* _What you should do_
Starting at the line that contains "is_ubi = false;" and ending at the line that contains "emmc-TellsSize calls n h = ground arith", the lines below are to be given again exactly, with nothing added.

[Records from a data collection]
↓

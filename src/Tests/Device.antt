-- ===== src/Tests/Device.antt =====
-- Concrete updates of a block device, and the theorems about them at these updates.
use ota_pulse.Prelude.{
  ℕ, ◌*◌, ◌^◌, ◌≤◌, ◌<◌, ◌≡◌, refl, ◌⊎◌, true, false, none, some, List, [], ◌∷◌, ◌++◌, arith,
  length, get_elem?,
}
use ota_pulse.Prelude.Int.{pos}
use ota_pulse.Prelude.Segments.{drop, join, overwrite, equal_bytes}
use ota_pulse.Installer.BlockDevice.{
  chunk_size_for, double_to_chunk, chain, query, open_file, open_sized, open_device, copy,
  store_update,
}
use ota_pulse.Installer.BlockDevice.File.{
  Err, System, Disk, read_full, seek_back_by, write_file, sync_file, close_file,
}
use ota_pulse.Installer.BlockDevice.Flushing
use ota_pulse.Installer.BlockDevice.Optimized
use ota_pulse.Installer.BlockDevice.Framed
use ota_pulse.Installer.BlockDevice.Limited
use ota_pulse.Installer.BlockDevice.Bounded.Updates.{store_update-bounded}
use ota_pulse.Installer.BlockDevice.Stored.Image.{TellsSize, store_update-stores}
use ota_pulse.Installer.BlockDevice.Chunks.{chunk_size_for_lem}

abbrev emmc : System
emmc = record {
  is_mounted = true;
  is_ubi = false;
  fails = λ calls. false;
  size = λ calls. some 5;
  sector_size = λ calls. some 512;
  read_stops = λ calls. none;
  write_stops = λ calls. none;
}

abbrev partition : Disk
partition = record { trace = []; content = 9 ∷ 8 ∷ 7 ∷ 6 ∷ 5 ∷ []; pos = 0 }

abbrev image : List (List ℕ)
image = (1 ∷ 2 ∷ []) ∷ (3 ∷ []) ∷ []

emmc-TellsSize : TellsSize emmc partition
emmc-TellsSize calls n h = ground arith

-- The image stands before the rest of what was there; one that is longer than announced is cut.
updates :
    ((store_update emmc image false (pos 3) partition).1.content ≡ 1 ∷ 2 ∷ 3 ∷ 6 ∷ 5 ∷ [])
    × ((store_update emmc image false (pos 3) partition).0 ≡ none)
    × ((store_update emmc image false (pos 2) partition).0 ≡ some Err.no_space)
unfolding store_update open_device open_sized open_file chain query copy chunk_size_for
    double_to_chunk Limited.write Limited.close Limited.sink_write Limited.sink_close Framed.write
    Framed.close Optimized.write Optimized.write_dirty Optimized.close Flushing.write Flushing.close
    Flushing.sync read_full seek_back_by write_file sync_file close_file overwrite equal_bytes
updates = (refl, refl, refl)

store_update-stores_example :
    ((store_update emmc image false (pos 3) partition).1.content
      ≡ join image ++ drop (length (join image)) partition.content)
    × (length (join image) ≤ 3)
store_update-stores_example =
    store_update-stores emmc image false 3 partition (omega arith) emmc-TellsSize updates.1

store_update-bounded_example :
    get_elem? (store_update emmc image false (pos 3) partition).1.content 3 ≡ some 6
store_update-bounded_example =
    store_update-bounded emmc image false 3 partition 3 (omega arith) (omega arith)

chunk_size_for_lem_example :
    (2 ^ 20 ≤ chunk_size_for 512)
    × ((chunk_size_for 512 < 2 ^ 21) ⊎ (chunk_size_for 512 ≡ 512))
    × ((k : ℕ) × (chunk_size_for 512 ≡ 512 * 2 ^ k))
chunk_size_for_lem_example = chunk_size_for_lem 512 (omega arith)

↑

* _Answer box_
  is_ubi = false;
  fails = λ calls. false;
  size = λ calls. some 5;
  sector_size = λ calls. some 512;
  read_stops = λ calls. none;
  write_stops = λ calls. none;
}

abbrev partition : Disk
partition = record { trace = []; content = 9 ∷ 8 ∷ 7 ∷ 6 ∷ 5 ∷ []; pos = 0 }

abbrev image : List (List ℕ)
image = (1 ∷ 2 ∷ []) ∷ (3 ∷ []) ∷ []

emmc-TellsSize : TellsSize emmc partition
emmc-TellsSize calls n h = ground arith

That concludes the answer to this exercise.